The topic of telling stories from data is huge and probably needs many many hours and books to explain the ideal ways of doing it. But Dr. Roberto Martinez did a great job in giving us a quick introduction to the topic and its pragmatic application in an hour at his talk at the UTS LX lab. It very much aligned with the Connected Intelligence Centre‘s vision of building staff capacity in data science particularly by keeping human in the center of the data. This post includes my notes from this talk where I summarize some of the key messages.
Humans are producing enormous amounts of data these days. According to recent statistics, 2.5 quintillion bytes of data are created every day and the pace keeps growing. But, there is a stark contrast between data and knowledge – Data by itself means very little, and knowledge is created only when the data is made sense of. We might be drowning in data, but not in knowledge. Roberto compares this abundance of data to oysters and an insight to a pearl. We need to open many oysters to maybe find one pearl.
— UTSfutures (@UTSfutures) August 29, 2018
The rest of the blog is divided into two main sections 1. Data Storytelling, 2. Data visualization, and a few overall key messages that I took away from the talk.
The value of data is not the data itself, but how we present it. This is what makes storytelling really important to present insights from data. It is not about presenting ALL the data we have, but to highlight the main insights from the data that should be noted. It is about finding patterns from the data to make people engaged with the story just like finding hooks in a fictional story. It often operates in conjunction with data visualization to communicate results from data. Check out the list of resources given at the end of this post for detailed reading.
There are a few ways to make the insights clear and pop out when communicating the story from data:
- The first step is to declutter the data by removing all the noise. This can be done by stripping down all the unwanted information and building up on the useful insights.
- The next key thing to do is to foreground things that are important. We do not want too much ink/ data that makes the results too complicated to understand.
- A data story approach can be used merging narrative and visuals together to engage audience and point to key messages from the data (see examples of line graphs annotated this way here). Also check out this interesting article and podcast on the good and bad of storytelling for further reading.
Visualizations make data and statistics easier to understand, and gain insights which could be hard to get otherwise. To appreciate the power of visualized data as opposed to only numbers, take a look at the Anscombe’s quartet which illustrates how nearly identical simple descriptive statistics appear very different when graphed.

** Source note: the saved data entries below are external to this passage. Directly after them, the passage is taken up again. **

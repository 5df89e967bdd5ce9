-- ===== src/Realtime/Bounds.antt =====
-- How long the adaptive loop waits between two polls.
use sentrazero.Base.{
  ℕ, suc, ◌+◌, ◌-◌, ◌*◌, ◌/◌, ◌≤◌, ◌<◌, ◌≡◌, refl, Bool, true, false, ◌&&◌, Option, some, ◌∙◌,
  String, ltb, ltb→lt, if◌then◌else◌, arith, List, [], ◌∷◌,
}
use native.Mathlib.Nat.{mul-le-mul_left}
use sentrazero.Realtime.Intervals.{
  default_settings, one_second, draws, jittered, backed_off, next_poll_interval,
}
use sentrazero.Realtime.Offers.{offered, get_job_id, RealtimeJobPayload}
use sentrazero.Realtime.Client.{
  PollingClient, fetch_new_jobs, request, take_jobs, World, first_time, offer, offer_all,
  PollAnswer, unsent, unanswered, undecoded, refused, answered,
}
use sentrazero.Dispatcher.Pool.{Pool}
use sentrazero.Realtime.Loops.{
  Loop, Poll, adaptive_tick, adaptive_run, poll, reschedule, next_claim, refresh_activity,
}

-- A product with a factor between 4/5 and 6/5, in parts of the draws.
scaled_up : (d f : ℕ) → f ≤ 6 * draws → 5 * (d * f / (5 * draws)) ≤ 6 * d
scaled_up d f h = omega (arith, mul-le-mul_left d h)

scaled_down : (d f : ℕ) → 4 * draws ≤ f → 4 * d ≤ 5 * (d * f / (5 * draws)) + 5
scaled_down d f h = omega (arith, mul-le-mul_left d h)

jittered-le : (draw d : ℕ) → draw < draws → 5 * jittered default_settings draw d ≤ 6 * d
unfolding jittered
jittered-le draw d h =
    ground (arith, scaled_up d (5 * draws + 2 * (draw * 1) - 1 * draws) (omega arith))

le-jittered : (draw d : ℕ) → 4 * d ≤ 5 * jittered default_settings draw d + 5
unfolding jittered
le-jittered draw d =
    ground (arith, scaled_down d (5 * draws + 2 * (draw * 1) - 1 * draws) (omega arith))

-- The ceiling of 300 seconds is not kept: the jitter is added after the cut.
next_poll_interval_bounds :
    (now draw job_count : ℕ) (last : Option ℕ) (current : ℕ)
    → draw < draws
    → 5 * one_second ≤ current
    → (5 * one_second ≤ next_poll_interval default_settings now draw job_count last current)
      × (next_poll_interval default_settings now draw job_count last current ≤ 360 * one_second)
unfolding next_poll_interval backed_off
next_poll_interval_bounds now draw job_count last current h low =
    let next = backed_off default_settings current in
    (
      ground (arith, le-jittered draw next, jittered-le draw next h),
      ground (arith, jittered-le draw next h),
    )

-- What a poll leaves as it was.
abbrev pub Paces : PollingClient → PollingClient → Type 0
Paces c d = (d.settings ≡ c.settings) × (d.current_interval ≡ c.current_interval)

first_time-Paces :
    (w : World) (i : ℕ) (job_id : String) (c : PollingClient) → Paces c (first_time w i job_id c).1
unfolding first_time
first_time-Paces w i job_id c = ground arith

offer-Paces :
    (w : World) (i : ℕ) (j : RealtimeJobPayload) (c : PollingClient) (p : Pool)
    → Paces c (offer w i j (c, p)).0
unfolding offer
offer-Paces w i j c p = ground (arith, first_time-Paces w i (get_job_id j) c)

offer_all-Paces :
    (w : World) (i : ℕ) (jobs : List RealtimeJobPayload) (c : PollingClient) (p : Pool)
    → Paces c (offer_all w i jobs (c, p)).0
unfolding offer_all
offer_all-Paces w i [] c p = (refl, refl)
offer_all-Paces w i (j ∷ jobs) c p =
    let now = offer-Paces w i j c p in
    let later = offer_all-Paces w (suc i) jobs (offer w i j (c, p)).0 (offer w i j (c, p)).1 in
    (later.0 ∙ now.0, later.1 ∙ now.1)

take_jobs-Paces :
    (w : World) (is_ok : Bool) (jobs : List RealtimeJobPayload) (c : PollingClient) (p : Pool)
    → Paces c (take_jobs w is_ok jobs (c, p)).0.0
unfolding take_jobs
take_jobs-Paces w true jobs c p = offer_all-Paces w 0 (offered true jobs) c p
take_jobs-Paces w false jobs c p = (refl, refl)

pub fetch-Paces :
    (w : World) (claim : Bool) (answer : PollAnswer) (c : PollingClient) (p : Pool)
    → Paces c (fetch_new_jobs w claim answer (c, p)).0.0
unfolding fetch_new_jobs request
fetch-Paces w claim unsent c p = ground arith
fetch-Paces w claim unanswered c p = ground arith
fetch-Paces w claim undecoded c p = ground arith
fetch-Paces w claim (refused status) c p = ground arith
fetch-Paces w claim (answered is_ok jobs) c p =
    ground (arith, take_jobs-Paces w is_ok jobs (request w claim c p) p)

-- The interval of a loop under the default settings.
abbrev pub IsPaced : Loop → Type 0
IsPaced l =
    (l.client.settings ≡ default_settings)
    × (5 * one_second ≤ l.client.current_interval)
    × (l.client.current_interval ≤ 360 * one_second)

abbrev pub fair_draws : List Poll → Bool
fair_draws [] = true
fair_draws (e ∷ polls) = ltb e.draw draws && fair_draws polls

poll-IsPaced : (e : Poll) (claim : Bool) (l : Loop) → IsPaced l → IsPaced (poll e claim l).0
unfolding poll
poll-IsPaced e claim l v =
    let kept = fetch-Paces e.world claim e.answer l.client l.pool in
    (kept.0 ∙ v.0, rw kept.1 v.1, rw kept.1 v.2)

reschedule-IsPaced :
    (e : Poll) (job_count : ℕ) (l : Loop)
    → ltb e.draw draws ≡ true
    → IsPaced l
    → IsPaced (reschedule e job_count l)
unfolding reschedule
reschedule-IsPaced e job_count l h v =
    let bounds =
      next_poll_interval_bounds e.now e.draw job_count
        (refresh_activity e.now l.pool (if ltb 0 job_count then some e.now else l.last_job_time))
        l.client.current_interval (ltb→lt e.draw draws h) v.1 in
    (v.0, rw v.0 bounds.0, rw v.0 bounds.1)

tick-IsPaced :
    (e : Poll) (l : Loop) → ltb e.draw draws ≡ true → IsPaced l → IsPaced (adaptive_tick e l)
unfolding adaptive_tick
tick-IsPaced e l h v =
    let counted = record l { ceiling_polls = (next_claim l).1 } in
    let polled = poll e (next_claim l).0 counted in
    reschedule-IsPaced e polled.1 polled.0 h (poll-IsPaced e (next_claim l).0 counted v)

-- An adaptive loop under the default settings that starts at an interval between 5 and 360 seconds
-- keeps to these bounds through every run of polls, whatever the backend answers, whatever the
-- clock reads and whatever the draws.
pub adaptive_run-IsPaced :
    (polls : List Poll) (l : Loop)
    → fair_draws polls ≡ true
    → IsPaced l
    → IsPaced (adaptive_run polls l)
unfolding adaptive_run
adaptive_run-IsPaced [] l h v = v
adaptive_run-IsPaced (e ∷ polls) l h v =
    adaptive_run-IsPaced polls (adaptive_tick e l) (ground (arith, h))
      (tick-IsPaced e l (ground (arith, h)) v)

But before diving into creating a visualization, it is important to understand the intended purpose of the visualization. For instance, is it meant to help the audience in exploring, understanding, finding patterns and insights from the data? Such a tool to make sense of the data is an exploratory visualization. If the purpose of the visualization is to explain something from the data when we have already have an insight to highlight, then it is an explanatory visualization. To craft the most appropriate visualization, context is key. Think about the following:
- Who – Who is the audience of the visualization?
- You – What is your relationship to the audience, do they trust you, and believe your credibility?

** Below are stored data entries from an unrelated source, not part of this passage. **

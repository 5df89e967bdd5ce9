-- ===== src/Realtime/Cadence.antt =====
-- How often the adaptive loop claims jobs, and how an idle one backs off.
use sentrazero.Base.{
  ℕ, suc, ◌*◌, ◌%◌, ◌^◌, ◌≤◌, ◌≡◌, ◌≢◌, ◌⊎◌, refl, ◌∙◌, ap, Bool, true, false, ◌&&◌, none, List, [],
  ◌∷◌, length, ltb, if◌then◌else◌, arith,
}
use native.Mathlib.Nat.{mul-le-mul_left, one-le-pow, pow-suc}
use sentrazero.Dispatcher.Pool.{Pool}
use sentrazero.Dispatcher.Pool.Workers.{active_jobs_count, queue_length}
use sentrazero.Realtime.Intervals.{Settings, jittered, backed_off, in_grace, next_poll_interval}
use sentrazero.Realtime.Offers.{offered, has_valid_job, alternatives}
use sentrazero.Realtime.Client.{
  PollingClient, PollAnswer, unsent, unanswered, undecoded, refused, answered, World,
  fetch_new_jobs, take_jobs, offer_all,
}
use sentrazero.Realtime.Bounds.{fetch-Paces}
use sentrazero.Realtime.Loops.{
  Loop, Poll, claims, next_claim, poll, reschedule, refresh_activity, adaptive_tick, adaptive_run,
}

ceiling_polls-tick : (e : Poll) (l : Loop) → (adaptive_tick e l).ceiling_polls ≡ (next_claim l).1
unfolding adaptive_tick reschedule poll
ceiling_polls-tick e l = refl

claimed_or_counted :
    (l : Loop)
    → ((next_claim l).0 ≡ true)
      ⊎ (((next_claim l).1 ≡ suc l.ceiling_polls) × (suc l.ceiling_polls % 3 ≢ 0))
unfolding next_claim claims
claimed_or_counted l = ground arith

-- Of any three rounds of the adaptive loop that follow each other, one asks the backend for jobs,
-- whatever happens between them.
pub one_claim_in_three :
    (e f : Poll) (l : Loop)
    → ((next_claim l).0 ≡ true)
      ⊎ ((next_claim (adaptive_tick e l)).0 ≡ true)
      ⊎ ((next_claim (adaptive_tick f (adaptive_tick e l))).0 ≡ true)
one_claim_in_three e f l =
    let one_second = adaptive_tick e l in
    let third = adaptive_tick f one_second in
    ground (
      arith,
      claimed_or_counted l,
      claimed_or_counted one_second,
      claimed_or_counted third,
      ceiling_polls-tick e l,
      ceiling_polls-tick f one_second,
    )

-- The poll brings no job.
abbrev pub brings_none : PollAnswer → Bool
brings_none (answered true (j ∷ jobs)) = false
brings_none _ = true

abbrev pub none_brought : List Poll → Bool
none_brought [] = true
none_brought (e ∷ polls) = brings_none e.answer && none_brought polls

-- Nothing keeps the loop on its short interval: no job was seen yet, none runs and none is queued.
abbrev pub IsIdle : Loop → Type 0
IsIdle l = (l.last_job_time ≡ none) × (active_jobs_count l.pool ≡ 0) × (queue_length l.pool ≡ 0)

-- No jitter, and a multiplier of two.
abbrev pub IsDoubling : Settings → Type 0
IsDoubling s =
    (s.poll_jitter.num ≡ 0) × (s.backoff_multiplier.num ≡ 2) × (s.backoff_multiplier.den ≡ 1)

fetch_none :
    (w : World) (claim : Bool) (answer : PollAnswer) (c : PollingClient) (p : Pool)
    → brings_none answer ≡ true
    → ((fetch_new_jobs w claim answer (c, p)).1 ≡ 0)
      × ((fetch_new_jobs w claim answer (c, p)).0.1 ≡ p)
unfolding fetch_new_jobs take_jobs offered has_valid_job alternatives offer_all
fetch_none w claim unsent c p h = ground arith
fetch_none w claim unanswered c p h = ground arith
fetch_none w claim undecoded c p h = ground arith
fetch_none w claim (refused status) c p h = ground arith
fetch_none w claim (answered true []) c p h = ground arith
fetch_none w claim (answered true (j ∷ jobs)) c p h = cc
fetch_none w claim (answered false jobs) c p h = ground arith

tick-IsIdle :
    (e : Poll) (l : Loop)
    → brings_none e.answer ≡ true
    → IsDoubling l.client.settings
    → IsIdle l
    → (IsIdle (adaptive_tick e l))
      × ((adaptive_tick e l).client.settings ≡ l.client.settings)
      × ((adaptive_tick e l).client.current_interval
          ≡ backed_off l.client.settings l.client.current_interval)
unfolding adaptive_tick reschedule poll refresh_activity next_poll_interval in_grace jittered
tick-IsIdle e l h d v =
    let fetched = fetch_none e.world (next_claim l).0 e.answer l.client l.pool h in
    let kept = fetch-Paces e.world (next_claim l).0 e.answer l.client l.pool in
    ground (arith, fetched, kept)

abbrev pub capped : ℕ → ℕ → ℕ
capped ceiling n = if ltb ceiling n then ceiling else n

doubled :
    (s : Settings) (current : ℕ)
    → IsDoubling s
    → backed_off s current ≡ capped s.max_idle_poll_interval (2 * current)
unfolding backed_off
doubled s current d = ground (arith, d)

capped-capped :
    (ceiling n k : ℕ) → 1 ≤ k → capped ceiling (capped ceiling n * k) ≡ capped ceiling (n * k)
capped-capped ceiling n k h = ground (arith, mul-le-mul_left ceiling h, mul-le-mul_left n h)

capped_twice :
    (ceiling n k : ℕ)
    → capped ceiling (capped ceiling (2 * n) * 2 ^ k) ≡ capped ceiling (n * 2 ^ suc k)
capped_twice ceiling n k =
    let same : 2 * n * 2 ^ k ≡ n * 2 ^ suc k = grind (arith, pow-suc 2 k) in
    capped-capped ceiling (2 * n) (2 ^ k) (one-le-pow k 2 (omega arith)) ∙ ap (capped ceiling) same

same-IsDoubling : {s t : Settings} → t ≡ s → IsDoubling s → IsDoubling t
same-IsDoubling same d = rw same d

below : {ceiling other next : ℕ} (n : ℕ) → other ≡ ceiling → next ≡ capped ceiling n → next ≤ other
below n same e = ground (arith, same, e)

extended :
    {ceiling other next r : ℕ} (current k : ℕ)
    → other ≡ ceiling
    → next ≡ capped ceiling (2 * current)
    → r ≡ capped other (next * 2 ^ k)
    → r ≡ capped ceiling (current * 2 ^ suc k)
extended {ceiling} current k same e later = later ∙ rw same (rw e (capped_twice ceiling current k))

-- Without jitter and with a multiplier of two, an idle adaptive loop that starts at or below its
-- ceiling waits, after any number of polls that bring no job, the start doubled that often, cut at the
-- ceiling.
pub adaptive_run_idle :
    (polls : List Poll) (l : Loop)
    → none_brought polls ≡ true
    → IsDoubling l.client.settings
    → IsIdle l
    → l.client.current_interval ≤ l.client.settings.max_idle_poll_interval
    → (adaptive_run polls l).client.current_interval
      ≡ capped l.client.settings.max_idle_poll_interval
          (l.client.current_interval * 2 ^ length polls)
unfolding adaptive_run
adaptive_run_idle [] l h d v low = ground (arith, low)
adaptive_run_idle (e ∷ polls) l h d v low =
    let now = tick-IsIdle e l (ground (arith, h)) d v in
    let ceiling : (adaptive_tick e l).client.settings.max_idle_poll_interval
        ≡ l.client.settings.max_idle_poll_interval =
      ap (λ s. s.max_idle_poll_interval) now.1 in
    let next = now.2 ∙ doubled l.client.settings l.client.current_interval d in
    extended l.client.current_interval (length polls) ceiling next (
      adaptive_run_idle polls (adaptive_tick e l) (ground (arith, h)) (same-IsDoubling now.1 d)
        now.0 (below _ ceiling next))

- What – What is the action being prompted from the visualization? Is there a goal for the story to be told?
- How – How will you deliver the story and the insight?
To apply these ideas practically, below is a list of fundamental visualization ideas that can be used to represent data in different forms, and the considerations to keep in mind while using them:
- Line charts are great for showing trends in time.

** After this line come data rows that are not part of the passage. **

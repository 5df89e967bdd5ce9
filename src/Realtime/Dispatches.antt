-- ===== src/Realtime/Dispatches.antt =====
-- What polls do to the pool of the dispatcher.
use sentrazero.Base.{
  ℕ, suc, ◌+◌, ◌≤◌, ◌≡◌, ◌⊎◌, inl, inr, String, Bool, true, false, List, [], ◌∷◌, arith, Bool-cases,
  ◌==◌, count,
}
use sentrazero.Base.Int.{ℤ}
use sentrazero.Dispatcher.Pool.{Pool}
use sentrazero.Dispatcher.Pool.Submit.{submit_job_with_meta}
use sentrazero.Dispatcher.Pool.Workers.{init_worker_pool}
use sentrazero.Dispatcher.Pool.Claims.{job_ids, step_ids}
use sentrazero.Dispatcher.Pool.Steps.{Reach, submits, here, next}
use sentrazero.Dispatcher.Pool.Exclusive.{IsUnused, never_held_twice}
use sentrazero.Realtime.Offers.{RealtimeJobPayload, offered}
use sentrazero.Realtime.Client.{
  PollingClient, PollAnswer, unsent, unanswered, undecoded, refused, answered, World,
  fetch_new_jobs, request, take_jobs, offer, offer_all, request_of,
}
use sentrazero.Realtime.Loops.{
  Loop, Poll, next_claim, poll, reschedule, adaptive_tick, adaptive_run,
}

submitted_or_not :
    (w : World) (i : ℕ) (j : RealtimeJobPayload) (c : PollingClient) (q : Pool)
    → ((offer w i j (c, q)).1 ≡ q)
      ⊎ ((offer w i j (c, q)).1 ≡ (submit_job_with_meta (w.clock i) (request_of w i j) q).0)
unfolding offer
submitted_or_not w i j c q = ground arith

offer-Reach :
    (w : World) (i : ℕ) (j : RealtimeJobPayload) (c : PollingClient) {p q : Pool}
    → Reach p q
    → Reach p (offer w i j (c, q)).1
offer-Reach w i j c {q = q} r = elim (submitted_or_not w i j c q) [
  | inl e ↦ rw e r
  | inr e ↦ rw e (next r (submits (w.clock i) (request_of w i j) q))
]

offer_all-Reach :
    (w : World) (i : ℕ) (jobs : List RealtimeJobPayload) (c : PollingClient) {p q : Pool}
    → Reach p q
    → Reach p (offer_all w i jobs (c, q)).1
unfolding offer_all
offer_all-Reach w i [] c r = r
offer_all-Reach w i (j ∷ jobs) c {q = q} r =
    offer_all-Reach w (suc i) jobs (offer w i j (c, q)).0 (offer-Reach w i j c r)

take_jobs-Reach :
    (w : World) (is_ok : Bool) (jobs : List RealtimeJobPayload) (c : PollingClient) {p q : Pool}
    → Reach p q
    → Reach p (take_jobs w is_ok jobs (c, q)).0.1
unfolding take_jobs
take_jobs-Reach w true jobs c r = offer_all-Reach w 0 (offered true jobs) c r
take_jobs-Reach w false jobs c r = r

-- What a poll leaves: the pool as it was, or the pool after its jobs.
pub fetched_or_not :
    (w : World) (claim : Bool) (answer : PollAnswer) (c : PollingClient) (q : Pool)
    → ((fetch_new_jobs w claim answer (c, q)).0.1 ≡ q)
      ⊎ ((is_ok : Bool) × (jobs : List RealtimeJobPayload) × ((fetch_new_jobs w claim answer
              (c, q)).0.1
            ≡ (take_jobs w is_ok jobs (request w claim c q, q)).0.1))
unfolding fetch_new_jobs
fetched_or_not w claim unsent c q = inl (ground arith)
fetched_or_not w claim unanswered c q = inl (ground arith)
fetched_or_not w claim undecoded c q = inl (ground arith)
fetched_or_not w claim (refused status) c q = inl (ground arith)
fetched_or_not w claim (answered is_ok jobs) c q = elim (Bool-cases c.done) [
  | inl e ↦ inl (ground (arith, e))
  | inr e ↦ inr (is_ok, jobs, ground (arith, e))
]

fetch-Reach :
    (w : World) (claim : Bool) (answer : PollAnswer) (c : PollingClient) (q : Pool)
    → Reach q (fetch_new_jobs w claim answer (c, q)).0.1
fetch-Reach w claim answer c q = elim (fetched_or_not w claim answer c q) [
  | inl e ↦ rw e here
  | inr (is_ok, jobs, e) ↦ rw e (take_jobs-Reach w is_ok jobs (request w claim c q) here)
]

tick-Reach : (e : Poll) (l : Loop) → Reach l.pool (adaptive_tick e l).pool
unfolding adaptive_tick reschedule poll
tick-Reach e l = fetch-Reach e.world (next_claim l).0 e.answer l.client l.pool

trans-Reach : {p q r : Pool} → Reach p q → Reach q r → Reach p r
trans-Reach h here = h
trans-Reach h (next r s) = next (trans-Reach h r) s

run-Reach : (polls : List Poll) (l : Loop) → Reach l.pool (adaptive_run polls l).pool
unfolding adaptive_run
run-Reach [] l = here
run-Reach (e ∷ polls) l = trans-Reach (tick-Reach e l) (run-Reach polls (adaptive_tick e l))

-- After every run of polls on a pool that was reached from its initialisation with no job and no
-- worker, no job id stands twice among the queued and the in-flight jobs, and no execution step that is
-- not empty does, whatever jobs the backend offered and however often.
polls_never_hold_twice :
    (polls : List Poll) (n : ℤ) (num_cpu : ℕ) (p : Pool) (l : Loop) (j s : String)
    → IsUnused p
    → (s == "") ≡ false
    → Reach (init_worker_pool n num_cpu p) l.pool
    → let q = (adaptive_run polls l).pool in
      (count j (job_ids q.queue) + count j (job_ids q.in_flight) ≤ 1)
      × (count s (step_ids q.queue) + count s (step_ids q.in_flight) ≤ 1)
polls_never_hold_twice polls n num_cpu p l j s u h r =
    let all =
      never_held_twice n num_cpu p (adaptive_run polls l).pool j s u h
        (trans-Reach r (run-Reach polls l)) in
    (all.0, all.1)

- Bar charts are simple but useful visualizations but the design principles should be thought through. E.g. Are the bars too think, thick, or just right?
- Text is a way to present data too. It is a much simpler and better way to present data instead of a basic bar chart – E.g. 20% of children have a stay-at-home mom in 2012 compared to 41% in 1970.
- Tables can be represented as heat maps – combining tables and texts to consider visual aspects.
- Scatter plots are useful for categorical data E.g. partitioned data set.
- Waterfall charts can be used to represent information in a timeline E.g. Biography details.
- Horizontal stacked charts work well for a list of responses rated in a scale E.g. Survey responses ranging from 1 to 5.
- Slopegraph could be very effective for comparing pre-and post tests to plot the changes over time.
- Comparing bars on the higher levels of vertical stack bars is hard when they’re all in different levels.
- Some visualizations might need to be divided into sub-visualizations to declutter data E.g. Multiple line charts
- Donut charts and pie charts should be used with caution, especially in 3D, since their sizes do not correspond well to the data
- Colours used to highlight key aspects should be picked appropriately for the visualization, generally less colour is more. Keep in mind to design for inclusion so that the visualization works for people having colour blindness as well. There are palettes available in tools like Tableau to cater to them, and simulators to test our visualizations for different color blindness.
My key take-home messages:
- Data by itself means nothing, unless we get insights out of it.
- Not everything is important in data, highlight the message you want to convey in your story.
- Know the purpose of a visualization before constructing it – is it for an exploratory/explanatory purpose?
- Finding the best way to visualize is key to catering for the context. Think about ‘Who, You, What, How’.
- Not all designs are the same – find the best chart for the data, keep it simple, use the right colours and design.